## CDF Graph: Latency Distribution Comparison
### Overview
The image shows a cumulative distribution function (CDF) graph comparing latency distributions across different configurations. The x-axis represents end-to-end (E2E) latency in milliseconds (0–140,000 ms), and the y-axis represents the CDF (0–1.0). Seven data series are plotted, with distinct trends indicating performance differences between configurations.
### Components/Axes
- **X-axis**: E2E Latency (ms) – Linear scale from 0 to 140,000 ms.
- **Y-axis**: CDF – Linear scale from 0.0 to 1.0.
- **Legend**: Located in the bottom-right corner, mapping colors to configurations:
- Green: SGLang non-deterministic
- Red: SGLang deterministic
- Blue: LLM-42 @2%
- Orange: LLM-42 @5%
- Purple: LLM-42 @10%
- Brown: LLM-42 @20%
- Pink: LLM-42 @50%
- Cyan: LLM-42 @100%
### Detailed Analysis
1. **SGLang non-deterministic (Green)**:
- Sharp rise to 1.0 CDF by ~20,000 ms.
- Reaches 0.8 CDF at ~10,000 ms.
- Minimal tail latency beyond 20,000 ms.
2. **SGLang deterministic (Red)**:
- Similar to non-deterministic but slightly slower.
- Reaches 1.0 CDF by ~25,000 ms.
- 0.8 CDF at ~12,000 ms.
3. **LLM-42 @2% (Blue)**:
- Slower than SGLang; 1.0 CDF at ~40,000 ms.
- 0.8 CDF at ~25,000 ms.
- Longer tail latency extending to 80,000 ms.

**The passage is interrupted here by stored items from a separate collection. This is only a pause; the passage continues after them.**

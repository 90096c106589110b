-- ===== src/Bitmap/Create.antt =====
-- bitmap_create: every bit is free, and those behind the last one are in use.
use Prim.Native.Nat.{bit_or}
use os.Base.{
  ℕ, zero, suc, ◌+◌, ◌-◌, ◌*◌, ◌/◌, ◌%◌, ◌^◌, ◌≤◌, ◌<◌, ◌≡◌, refl, ◌∙◌, inl, inr, true, false, ◌&&◌,
  ◌||◌, arith, ltb, leb, ◌==◌, Bool-cases, some, List, get_elem?, set, length, length-set,
  get_elem?-of_lt, replicate, length-replicate, get_elem?-replicate, lt_of_get_elem?,
}
use os.Base.Outcome.{ok}
use os.Bitmap.{Bitmap, words_for, or_word, mark_over, mark_leftover, bitmap_create}
use os.Bitmap.Bytes.{or-lt}
use os.Bitmap.Bits.{IsBitmap, bit_at, bit_at-replicate, bit_at-with_bit, bytes-set}

module _ (nbits words : ℕ) (fits : nbits ≤ words * 8) (tight : words * 8 < nbits + 8) where
  -- The state of the marking loop at bit number `next`.
  record Marked (v : List ℕ) (next : ℕ) : Type 0 where
    covered : length v ≡ words
    bytes : (k w : ℕ) → get_elem? v k ≡ some w → w < 256
    bits : (i : ℕ) → bit_at v i ≡ (leb nbits i && (ltb i next || leb (words * 8) i))

  Marked-zero : Marked (replicate words 0) nbits
  Marked-zero = record {
    covered = length-replicate words 0;
    bytes = λ k w e.
        let inside = lt_of_get_elem? {A = ℕ} (replicate words 0) k e in
        ground (
          arith,
          get_elem?-replicate {A = ℕ} words 0 k
              (omega (arith, inside, length-replicate {A = ℕ} words 0)),
        );
    bits = λ i. ground (arith, bit_at-replicate words i);
  }

  Marked-next :
      (j ix w : ℕ) (v : List ℕ)
      → j < 8
      → ix + 1 ≡ words
      → nbits ≤ ix * 8 + j
      → get_elem? v ix ≡ some w
      → Marked v (ix * 8 + j)
      → Marked (set v ix (bit_or w (2 ^ j))) (ix * 8 + (j + 1))
  Marked-next j ix w v lt last late e m =
      let i = ix * 8 + j in
      let byte : i / 8 ≡ ix = omega arith in
      let offset : i % 8 ≡ j = omega arith in
      let here : get_elem? v (i / 8) ≡ some w = rw byte e in
      let small = m.bytes ix w e in
      record {
        covered = length-set v ix _ ∙ m.covered;
        bytes = bytes-set v ix _ m.bytes (or-lt w j small lt);
        bits = λ k.
            let new = rw (byte, offset) at (bit_at-with_bit v i w here small k) in
            ground (arith, new, m.bits k);
      }

  mark_over-Marked :
      (left j ix : ℕ) (v : List ℕ)
      → j + left ≡ 8
      → ix + 1 ≡ words
      → nbits ≤ ix * 8 + j
      → Marked v (ix * 8 + j)
      → (v' : List ℕ) × (mark_over left j ix v ≡ ok v') × Marked v' (words * 8)
  unfolding mark_over or_word
  mark_over-Marked zero j ix v total last late m =
      let end : ix * 8 + j ≡ words * 8 = omega arith in (v, refl, rw (← end) m)
  mark_over-Marked (suc left) j ix v total last late m =
      let (w, e) = get_elem?-of_lt v ix (omega (arith, m.covered)) in
      let next = Marked-next j ix w v (omega arith) last late e m in
      let (v', done, m') =
        mark_over-Marked left (j + 1) ix _ (omega arith) last (omega arith) next in
      (v', rw e done, m')

  mark_leftover-Marked :
      (v : List ℕ) × (mark_leftover nbits words (replicate words 0) ≡ ok v) × Marked v (words * 8)
  unfolding mark_leftover
  mark_leftover-Marked = elim (Bool-cases (ltb (nbits / 8) words)) [
    | inl partly ↦
        let over = nbits - (words - 1) * 8 in
        let whole : (nbits / 8 == words - 1) ≡ true = ground arith in
        let some_over : ltb 0 over ≡ true = ground arith in
        let few_over : ltb over 8 ≡ true = ground arith in
        let start : (words - 1) * 8 + over ≡ nbits = ground arith in
        let (v, done, m) =
          mark_over-Marked (8 - over) over (words - 1) (replicate words 0) (ground arith)
            (ground arith) (ground arith) (rw start Marked-zero) in
        (v, rw (partly, whole, some_over, few_over) done, m)
    | inr exactly ↦
        let end : nbits ≡ words * 8 = ground arith in
        (replicate words 0, rw exactly refl, rw (← end) Marked-zero)
  ]

-- With memory at hand, bitmap_create makes a bitmap of the given size with every bit free.
pub bitmap_create-IsBitmap :
    (nbits : ℕ)
    → nbits + 7 < 2 ^ 32
    → (b : Bitmap) × (bitmap_create true true nbits ≡ ok (some b))
      × (b.nbits ≡ nbits)
      × IsBitmap b
      × ((i : ℕ) → i < nbits → bit_at b.v i ≡ false)
unfolding bitmap_create
bitmap_create-IsBitmap nbits small =
    let (v, made, m) =
      mark_leftover-Marked nbits (words_for nbits) (omega (arith, small)) (omega (arith, small)) in
    (
      record { nbits = nbits; v = v },
      rw made refl,
      refl,
      record {
        small = small;
        covered = omega (arith, m.covered, small);
        bytes = m.bytes;
        leftover = λ i h. ground (arith, m.bits i);
      },
      λ i h. ground (arith, m.bits i),
    )
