-- ===== src/Bitmap/Tests.antt =====
-- Runs of the bitmap functions, and each theorem at an input.
use os.Base.{ℕ, zero, suc, ◌<◌, ◌≡◌, refl, true, false, some, [], ◌∷◌, arith, get_elem?}
use os.Base.Outcome.{ok}
use os.Bitmap.{
  Bitmap, bitmap_create, bitmap_alloc, mark_leftover, mark_over, or_word, alloc_loop, take_bit,
  clear_offset,
}
use os.Bitmap.Bits.{IsBitmap, bit_at, bit_at-replicate}
use os.Bitmap.Alloc.{FirstFree, bitmap_alloc-FirstFree}

create_eleven : bitmap_create true true 11 ≡ ok (some (record { nbits = 11; v = 0 ∷ 0xf8 ∷ [] }))
unfolding bitmap_create mark_leftover mark_over or_word
create_eleven = refl

alloc_ninth :
    bitmap_alloc (record { nbits = 11; v = 0xff ∷ 0xf9 ∷ [] })
    ≡ ok (9, record { nbits = 11; v = 0xff ∷ 0xfb ∷ [] })
unfolding bitmap_alloc alloc_loop take_bit clear_offset or_word
alloc_ninth = refl

-- A bitmap of one byte with every bit free.
abbrev free_byte : Bitmap
free_byte = record { nbits = 8; v = 0 ∷ [] }

free_byte-IsBitmap : IsBitmap free_byte
free_byte-IsBitmap = record {
  small = omega arith;
  covered = refl;
  bytes = zero_byte;
  leftover = λ i h. ground (arith, bit_at-replicate 1 i);
}
  where
    zero_byte : (k w : ℕ) → get_elem? (0 ∷ []) k ≡ some w → w < 256
    zero_byte zero w e = ground arith
    zero_byte (suc k) w e = cc

free_third : bit_at (0 ∷ []) 3 ≡ false
free_third = bit_at-replicate 1 3

bitmap_alloc-FirstFree_example : FirstFree free_byte (bitmap_alloc free_byte)
bitmap_alloc-FirstFree_example = bitmap_alloc-FirstFree free_byte-IsBitmap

4. **LLM-42 @5% (Orange)**:
- 1.0 CDF at ~50,000 ms.
- 0.8 CDF at ~35,000 ms.
- Tail latency up to 100,000 ms.
5. **LLM-42 @10% (Purple)**:
- 1.0 CDF at ~60,000 ms.
- 0.8 CDF at ~45,000 ms.
- Tail latency to 120,000 ms.
6. **LLM-42 @20% (Brown)**:
- 1.0 CDF at ~70,000 ms.
- 0.8 CDF at ~55,000 ms.
- Tail latency to 130,000 ms.
7. **LLM-42 @50% (Pink)**:
- 1.0 CDF at ~80,000 ms.
- 0.8 CDF at ~65,000 ms.
- Tail latency to 140,000 ms.
8. **LLM-42 @100% (Cyan)**:
- Slowest distribution; 1.0 CDF at ~90,000 ms.
- 0.8 CDF at ~75,000 ms.
- Flat plateau beyond 90,000 ms.
### Key Observations
- **SGLang Dominance**: Both SGLang configurations (green/red) achieve 1.0 CDF at latencies 2–3x lower than LLM-42 @2%.
- **Determinism Impact**: SGLang deterministic (red) is marginally slower than non-deterministic (green), suggesting minimal overhead from determinism.
- **LLM-42 Scaling**: Higher percentiles (e.g., 50%, 100%) correlate with progressively longer latencies and heavier tails.
- **Cyan Line Anomaly**: LLM-42 @100% plateaus at ~90,000 ms, indicating a hard cap on latency for this configuration.
### Interpretation
The data demonstrates that SGLang configurations (non-deterministic and deterministic) consistently outperform LLM-42 across all latency percentiles. The deterministic variant of SGLang introduces only a minor latency penalty (~5,000 ms difference in 1.0 CDF), suggesting that determinism does not significantly degrade performance in this context.
LLM-42's latency increases with higher percentiles, indicating that a larger proportion of requests experience longer delays. The @100% configuration (cyan) shows a flat tail, implying that 100% of requests complete within ~90,000 ms, but with substantial variability in lower percentiles. This could reflect resource contention or inefficiencies in handling edge cases.
For latency-sensitive applications, SGLang is preferable, while LLM-42 may be suitable for scenarios where higher percentiles are acceptable. The deterministic vs. non-deterministic tradeoff in SGLang appears negligible here, prioritizing consistency over marginal speed gains.